# Your goal:
Produce an exact copy of the first line of the data below and each line after it, please, up to and including the one with "HasNoNul = All (λ c. c ≢ 0)".

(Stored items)
┌──
-- ===== src/Webhook/Identity.antt =====
-- What the fingerprint of a fan-out and the id of a delivery stand for.
use go_service_template_rest.Base.{
  ℕ, ◌<◌, ◌^◌, ◌≡◌, ◌≢◌, refl, sym, ap, ◌∙◌, subst, Bool, true, false, ◌||◌, not, List, [], ◌∷◌,
  ◌++◌, map, Bytes, length, Bool-cases, inl, inr, ◌⊎◌, arith, All, eq_bytes, eq_bytes→eq,
  eq_bytes_refl, ltb, ◌==◌,
}
use go_service_template_rest.Base.Int.{ℤ, pos}
use go_service_template_rest.Base.Decimal.{
  IsDigit, format_uint, format_int, decimal_fuel-digits, format_uint-injective,
}
use go_service_template_rest.Base.Utf8.{utf8_from, contains_control, contains_space}
use go_service_template_rest.Webhook.{
  Endpoint, Library, max_identity_bytes, valid_token, write_fields, endpoint_fields, fanout_fields,
  fingerprint_fanout,
}

abbrev pub HasNoNul : Bytes → Type 0
HasNoNul = All (λ c. c ≢ 0)

abbrev head_or : Bytes → Bytes → Bytes
head_or d [] = d
head_or d (c ∷ s) = s

-- A text up to its NUL.
until_nul :
    (a b x y : Bytes) → HasNoNul a → HasNoNul b → a ++ 0 ∷ x ≡ b ++ 0 ∷ y → (a ≡ b) × (x ≡ y)
until_nul [] [] x y ha hb e = (refl, cc)
until_nul [] (d ∷ b) x y ha hb e = absurd (hb.0 (ground arith))
until_nul (c ∷ a) [] x y ha hb e = absurd (ha.0 (ground arith))
until_nul (c ∷ a) (d ∷ b) x y ha hb e =
    let rest : a ++ 0 ∷ x ≡ b ++ 0 ∷ y = cc in
    let (same, more) = until_nul a b x y ha.1 hb.1 rest in
    let first : c ≡ d = cc in (ap (λ z. z ∷ a) first ∙ ap (λ z. d ∷ z) same, more)

append-ne-nil : (a x : Bytes) → a ++ 0 ∷ x ≢ []
append-ne-nil [] x e = cc
append-ne-nil (c ∷ a) x e = cc

-- Two lists of values without NUL bytes that are written as the same bytes are the same list.
pub write_fields-injective :
    (vs ws : List Bytes)
    → All HasNoNul vs
    → All HasNoNul ws
    → write_fields vs ≡ write_fields ws
    → vs ≡ ws
unfolding write_fields
write_fields-injective [] [] hv hw e = refl
write_fields-injective [] (w ∷ ws) hv hw e = absurd (append-ne-nil w _ (sym e))
write_fields-injective (v ∷ vs) [] hv hw e = absurd (append-ne-nil v _ e)
write_fields-injective (v ∷ vs) (w ∷ ws) hv hw e =
    let (same, rest) = until_nul v w _ _ hv.0 hw.0 e in
    let tails = write_fields-injective vs ws hv.1 hw.1 rest in cc

-- A text without control characters.
no_control : (s : Bytes) → contains_control s ≡ false → HasNoNul s
unfolding contains_control
no_control [] h = tt
no_control (c ∷ []) h = (λ e. ground arith, tt)
no_control (c ∷ d ∷ s) h = (λ e. ground arith, no_control (d ∷ s) (ground arith))

fourth_false : (a b c d e : Bool) → not (a || b || c || d || e) ≡ true → d ≡ false
fourth_false a b c d e h = ground arith

pub valid_token-HasNoNul : (s : Bytes) → valid_token s ≡ true → HasNoNul s
unfolding valid_token
valid_token-HasNoNul s h = no_control s (
    fourth_false (length s == 0) (ltb max_identity_bytes (length s)) (not (utf8_from [] s))
      (contains_control s) (contains_space s) h)

digits-HasNoNul : (s : Bytes) → All IsDigit s → HasNoNul s
digits-HasNoNul [] h = tt
digits-HasNoNul (c ∷ s) (digit, rest) = (λ e. absurd (omega arith), digits-HasNoNul s rest)

pub format_int-HasNoNul : (n : ℕ) → HasNoNul (format_int (pos n))
unfolding format_int format_uint
format_int-HasNoNul n = digits-HasNoNul _ (decimal_fuel-digits 20 n)

pub format_int-injective :
    (n m : ℕ) → n < 2 ^ 63 → m < 2 ^ 63 → format_int (pos n) ≡ format_int (pos m) → n ≡ m
unfolding format_int
format_int-injective n m hn hm e = format_uint-injective n m (omega arith) (omega arith) e

-- An endpoint as a manifest holds it: a generation that is a positive int64, and texts without NUL.
pub record IsListed (e : Endpoint) : Type 0 where
  pub number : ℕ
  pub generation : e.generation ≡ pos number
  pub fits : number < 2 ^ 63
  pub receiver : HasNoNul e.receiver_id
  pub address : HasNoNul e.url
  pub active : HasNoNul e.active_key_reference
  pub predecessor : HasNoNul e.predecessor_key_reference

-- What a receiver is sent and with which keys.
abbrev pub Described : Type 0
Described = Bytes × ℤ × Bytes × Bytes × Bytes

abbrev pub described : Endpoint → Described
described e =
    (e.receiver_id, e.generation, e.url, e.active_key_reference, e.predecessor_key_reference)

endpoint_fields-HasNoNul : (e : Endpoint) → IsListed e → All HasNoNul (endpoint_fields e)
endpoint_fields-HasNoNul e h = (
  h.receiver,
  (
    subst (λ g. HasNoNul (format_int g)) (sym h.generation) (format_int-HasNoNul h.number),
    (h.address, (h.active, (h.predecessor, tt))),
  ),
)

All-append : (P : Bytes → Type 0) (xs ys : List Bytes) → All P xs → All P ys → All P (xs ++ ys)
All-append P [] ys h k = k
All-append P (x ∷ xs) ys (first, rest) k = (first, All-append P xs ys rest k)

fanout_fields-HasNoNul : (es : List Endpoint) → All IsListed es → All HasNoNul (fanout_fields es)
unfolding fanout_fields
fanout_fields-HasNoNul [] h = tt
fanout_fields-HasNoNul (e ∷ es) (first, rest) =
    All-append HasNoNul (endpoint_fields e) (fanout_fields es) (endpoint_fields-HasNoNul e first)
      (fanout_fields-HasNoNul es rest)

same_generation :
    (e f : Endpoint)
    → IsListed e
    → IsListed f
    → format_int e.generation ≡ format_int f.generation
    → e.generation ≡ f.generation
same_generation e f he hf same =
    he.generation
    ∙ ap pos (
        format_int-injective he.number hf.number he.fits hf.fits
          (ap format_int (sym he.generation) ∙ same ∙ ap format_int hf.generation))
    ∙ sym hf.generation

fanout_fields-described :
    (es fs : List Endpoint)
    → All IsListed es
    → All IsListed fs
    → fanout_fields es ≡ fanout_fields fs
    → map described es ≡ map described fs
unfolding fanout_fields
fanout_fields-described [] [] he hf same = refl
fanout_fields-described [] (f ∷ fs) he hf same = cc
fanout_fields-described (e ∷ es) [] he hf same = cc
fanout_fields-described (e ∷ es) (f ∷ fs) (he, hes) (hf, hfs) same =
    let numbers : format_int e.generation ≡ format_int f.generation = cc in
    let generations = same_generation e f he hf numbers in
    let tails : fanout_fields es ≡ fanout_fields fs = cc in
    let rest = fanout_fields-described es fs hes hfs tails in
    let receivers : e.receiver_id ≡ f.receiver_id = cc in
    let urls : e.url ≡ f.url = cc in
    let actives : e.active_key_reference ≡ f.active_key_reference = cc in
    let predecessors : e.predecessor_key_reference ≡ f.predecessor_key_reference = cc in
    λ i. (receivers i, generations i, urls i, actives i, predecessors i) ∷ rest i

abbrev pub Collision : (Bytes → Bytes) → Type 0
Collision digest = (x : Bytes) × (y : Bytes) × (x ≢ y) × (digest x ≡ digest y)

module _ (lib : Library) where
  open lib use {sha256_hex}

  same_or_Collision : (x y : Bytes) → sha256_hex x ≡ sha256_hex y → (x ≡ y) ⊎ Collision sha256_hex
  same_or_Collision x y h = elim (Bool-cases (eq_bytes x y)) [
    | inl e ↦ inl (eq_bytes→eq x y e)
    | inr e ↦ inr (x, y, (λ same. ground (arith, e, same, eq_bytes_refl x)), h)
  ]

  -- Two fan-outs with one fingerprint are of the same event of the same owner with the same body, and go
  -- to the same receivers in the same generations with the same URLs and keys, or else two inputs with
  -- one digest are at hand. Bodies are without NUL bytes, as JSON is, and so are the owner and the event,
  -- which are valid tokens.
  pub fingerprint_fanout_lem :
      (owner event_id body owner' event_id' body' : Bytes) (es fs : List Endpoint)
      → valid_token owner ≡ true
      → valid_token event_id ≡ true
      → HasNoNul body
      → valid_token owner' ≡ true
      → valid_token event_id' ≡ true
      → HasNoNul body'
      → All IsListed es
      → All IsListed fs
      → fingerprint_fanout lib owner event_id body es
        ≡ fingerprint_fanout lib owner' event_id' body' fs
      → ((owner ≡ owner')
          × (event_id ≡ event_id')
          × (body ≡ body')
          × (map described es ≡ map described fs))
        ⊎ Collision sha256_hex
  unfolding fingerprint_fanout
  fingerprint_fanout_lem owner id body owner' id' body' es fs vo vi nb vo' vi' nb' he hf same =
      elim (same_or_Collision _ _ same) [
        | inl bytes ↦
            let fields =
              write_fields-injective (owner ∷ id ∷ body ∷ fanout_fields es)
                (owner' ∷ id' ∷ body' ∷ fanout_fields fs)
                (
                  valid_token-HasNoNul owner vo,
                  (valid_token-HasNoNul id vi, (nb, fanout_fields-HasNoNul es he)),
                )
                (
                  valid_token-HasNoNul owner' vo',
                  (valid_token-HasNoNul id' vi', (nb', fanout_fields-HasNoNul fs hf)),
                )
                bytes in
            let rest : fanout_fields es ≡ fanout_fields fs = cc in
            inl (cc, cc, cc, fanout_fields-described es fs he hf rest)
        | inr c ↦ inr c
      ]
└──
# Answer section:
-- ===== src/Webhook/Identity.antt =====
-- What the fingerprint of a fan-out and the id of a delivery stand for.
use go_service_template_rest.Base.{
  ℕ, ◌<◌, ◌^◌, ◌≡◌, ◌≢◌, refl, sym, ap, ◌∙◌, subst, Bool, true, false, ◌||◌, not, List, [], ◌∷◌,
  ◌++◌, map, Bytes, length, Bool-cases, inl, inr, ◌⊎◌, arith, All, eq_bytes, eq_bytes→eq,
  eq_bytes_refl, ltb, ◌==◌,
}
use go_service_template_rest.Base.Int.{ℤ, pos}
use go_service_template_rest.Base.Decimal.{
  IsDigit, format_uint, format_int, decimal_fuel-digits, format_uint-injective,
}
use go_service_template_rest.Base.Utf8.{utf8_from, contains_control, contains_space}
use go_service_template_rest.Webhook.{
  Endpoint, Library, max_identity_bytes, valid_token, write_fields, endpoint_fields, fanout_fields,
  fingerprint_fanout,
}

abbrev pub HasNoNul : Bytes → Type 0
HasNoNul = All (λ c. c ≢ 0)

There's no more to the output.